Il fatto che aeroporto e vettori preferiscano pagare la tassa per intero piuttosto che affrettarsi ad applicare la scontistica prevista e a cercare conseguentemente di ridurre i sorvoli della città è purtroppo un pessimo segnale. Evidentemente l’importo dell’Iresa non rappresenta un incentivo/deterrente sufficiente ad indurre a comportamenti operativi più virtuosi. E a questo punto cresce il timore che quando il software verrà messo in funzione, potrà calare il gettito della tassa ma difficilmente vedremo un cambiamento delle abitudini di sorvolo della città. Quindi cominciamo da subito a pensare a misure alternative, se non vogliamo rassegnarci ad un trend che porterà prevedibilmente a peggiorare ulteriormente la situazione.

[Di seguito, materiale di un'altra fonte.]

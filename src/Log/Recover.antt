-- ===== src/Log/Recover.antt =====
-- Recovery: `recover_from_log` on whatever a crash has left, crashes of its own included.
use cpp.Prelude.{
  ℕ, ◌+◌, ◌*◌, ◌≤◌, ◌<◌, ◌⊎◌, ◌∙◌, inl, inr, leb, ◌==◌, List, [], ◌∷◌, length, arith, Bool-cases,
}
use cpp.Blocks.{Block, boot, bread}
use cpp.Log.{
  Log, World, install_trans, install_from, read_head, get_words, commit, recover_from_log,
}
use cpp.Log.Header.{write_head_lem}
use cpp.Log.Crash.{Clear, Committed, finish}
use cpp.Log.Commit.{Ready, commit-crash}

-- The machine starts again with the log's place and size, and recovers, for `power` writes.
abbrev pub recovered : Log → ℕ → (ℕ → Block) → ℕ → Block
recovered l power d = (recover_from_log (record { log = l; store = boot power d })).store.disk

-- One recovery after the other, each stopped after its number of writes.
pub recover_each : Log → List ℕ → (ℕ → Block) → ℕ → Block
unfolding recover_from_log
recover_each l [] d = d
recover_each l (p ∷ ps) d = recover_each l ps (recovered l p d)

module _ (size : ℕ) (l : Log) where
  -- With nothing in the log, recovery changes no home block.
  recover_from_log-Clear :
      (home : ℕ → Block) (power : ℕ) (d : ℕ → Block)
      → 0 < size
      → Clear l.start size home d
      → Clear l.start size home (recovered l power d)
  unfolding recover_from_log read_head get_words install_trans install_from bread
  recover_from_log-Clear home power d pos c =
      let (frame, off, on, after) = write_head_lem (record l { blocks = [] }) (boot power d) in
      rw (c.empty, recovered)
        (elim (Bool-cases (power == 0)) [
          | inl stop ↦ rw (off (ground arith)) c
          | inr go ↦ record {
            empty = (on (ground arith)).0;
            same = λ a h. (frame a (λ x. omega (arith, h))).0 ∙ c.same a h;
          }
        ])

  -- With a transaction in the log, recovery puts it in place if it gets to its end, and if not the
  -- log is as it was.
  recover_from_log-Committed :
      (bs : List ℕ) (new : ℕ → Block) (power : ℕ) (d : ℕ → Block)
      → Committed l.start size bs new d
      → (power ≤ length bs → Committed l.start size bs new (recovered l power d))
        × (length bs < power → Clear l.start size new (recovered l power d))
  unfolding recover_from_log read_head bread
  recover_from_log-Committed bs new power d c =
      rw (c.named, recovered) (finish size (record l { blocks = bs }) new (boot power d) c c.logged)

  recover_each-Clear :
      (home : ℕ → Block) (ps : List ℕ) (d : ℕ → Block)
      → 0 < size
      → Clear l.start size home d
      → Clear l.start size home (recover_each l ps d)
  unfolding recover_each
  recover_each-Clear home [] d pos c = c
  recover_each-Clear home (p ∷ ps) d pos c =
      recover_each-Clear home ps (recovered l p d) pos (recover_from_log-Clear home p d pos c)

  recover_each-Committed :
      (bs : List ℕ) (new : ℕ → Block) (ps : List ℕ) (d : ℕ → Block)
      → Committed l.start size bs new d
      → Committed l.start size bs new (recover_each l ps d)
        ⊎ Clear l.start size new (recover_each l ps d)
  unfolding recover_each
  recover_each-Committed bs new [] d c = inl c
  recover_each-Committed bs new (p ∷ ps) d c =
      let (stopped, ended) = recover_from_log-Committed bs new p d c in
      elim (Bool-cases (leb p (length bs))) [
        | inl short ↦ recover_each-Committed bs new ps (recovered l p d) (stopped (ground arith))
        | inr long ↦ inr (
            recover_each-Clear new ps (recovered l p d) (omega (arith, c.room))
              (ended (ground arith)))
      ]

-- A commit is atomic. Let a transaction be ready, let the machine stop after any number of block
-- writes in `commit`, and let any number of recoveries be stopped as well; then a recovery that
-- has at least as many writes as the log has blocks leaves an empty log, and every home block as
-- it was before the commit if that stopped before its header was written, and with the
-- transaction's contents if not.
pub recover_from_log-commit :
    (size : ℕ) (w : World) (stops : List ℕ) (power : ℕ)
    → Ready size w
    → size ≤ power
    → let d : ℕ → Block = recovered w.log power (recover_each w.log stops (commit w).store.disk) in
      (w.store.power ≤ length w.log.blocks → Clear w.log.start size w.store.disk d)
      × (length w.log.blocks < w.store.power → Clear w.log.start size w.store.view d)
recover_from_log-commit size w stops power r enough =
    let (early, middle, late) = commit-crash size w r in
    let some_room : 0 < size = omega (arith, r.room) in
    let settled : (home : ℕ → Block)
        → Clear w.log.start size home (commit w).store.disk
        → Clear w.log.start size home
            (recovered w.log power (recover_each w.log stops (commit w).store.disk)) =
      λ home c.
        recover_from_log-Clear size w.log home power _ some_room
          (recover_each-Clear size w.log home stops _ some_room c) in
    (
      λ p. settled w.store.disk (early p),
      λ p. elim (Bool-cases (leb w.store.power (2 * length w.log.blocks + 1))) [
        | inl short ↦ elim (Bool-cases (length w.log.blocks == 0)) [
          | inl nothing ↦ settled w.store.view (late (inl (ground arith)))
          | inr there ↦
              elim (recover_each-Committed size w.log w.log.blocks w.store.view stops _
                (middle (ground arith) p (ground arith))) [
                  | inl c ↦
                      (recover_from_log-Committed size w.log w.log.blocks w.store.view power _ c).1
                        (omega (arith, c.room, enough))
                  | inr c ↦ recover_from_log-Clear size w.log w.store.view power _ some_room c
                ]
        ]
        | inr long ↦ settled w.store.view (late (inr (ground arith)))
      ],
    )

Se, come ipotizzo, sono considerazioni operative i motivi che inducono a non variare il verso della pista durante i periodi di traffico intenso, questa rigidità è destinata ad aumentare con la crescita ulteriore che si ipotizza per lo scalo bolognese. Ciò significa che, al di là dell’auspicabile disponibilità di aeromobili meno rumorosi che però richiederà decenni per dispiegarsi, abbiamo di fronte uno scenario di ulteriore peggioramento dell’impatto acustico sulle zone della città interessate dai sorvoli. Per questo dico che è inutile continuare a menare il can per l’aia: è invece ora di mettere le carte in tavola e spiegare le cose come stanno. Ora di smettere di giocare a rimpiattino fra Aeroporto, Enac ed Enav, promulgando protocolli e raccomandazioni che vengono regolarmente ignorate. Smettere di vedere le istituzioni solo come fossero interlocutori formali dell’Aeroporto, quando Comune, Città Metropolitana e Regione sono anche azionisti. La domanda chiave che bisognerebbe fare è la seguente: quanti movimenti aerei potrebbe permettersi l’aeroporto di Bologna se l’uso della sua unica pista fosse autorizzato soltanto (o al 90%, se vogliamo lasciare un ampio margine del 10% per le situazioni meteo avverse e per la sicurezza) da/verso Bargellino? Nel confronto fra questo numero e i numeri previsti dalla crescita del Marconi risiede il tasso di affidabilità delle promesse che si potranno fare ai cittadini che oggi si lamentano per i sorvoli della città.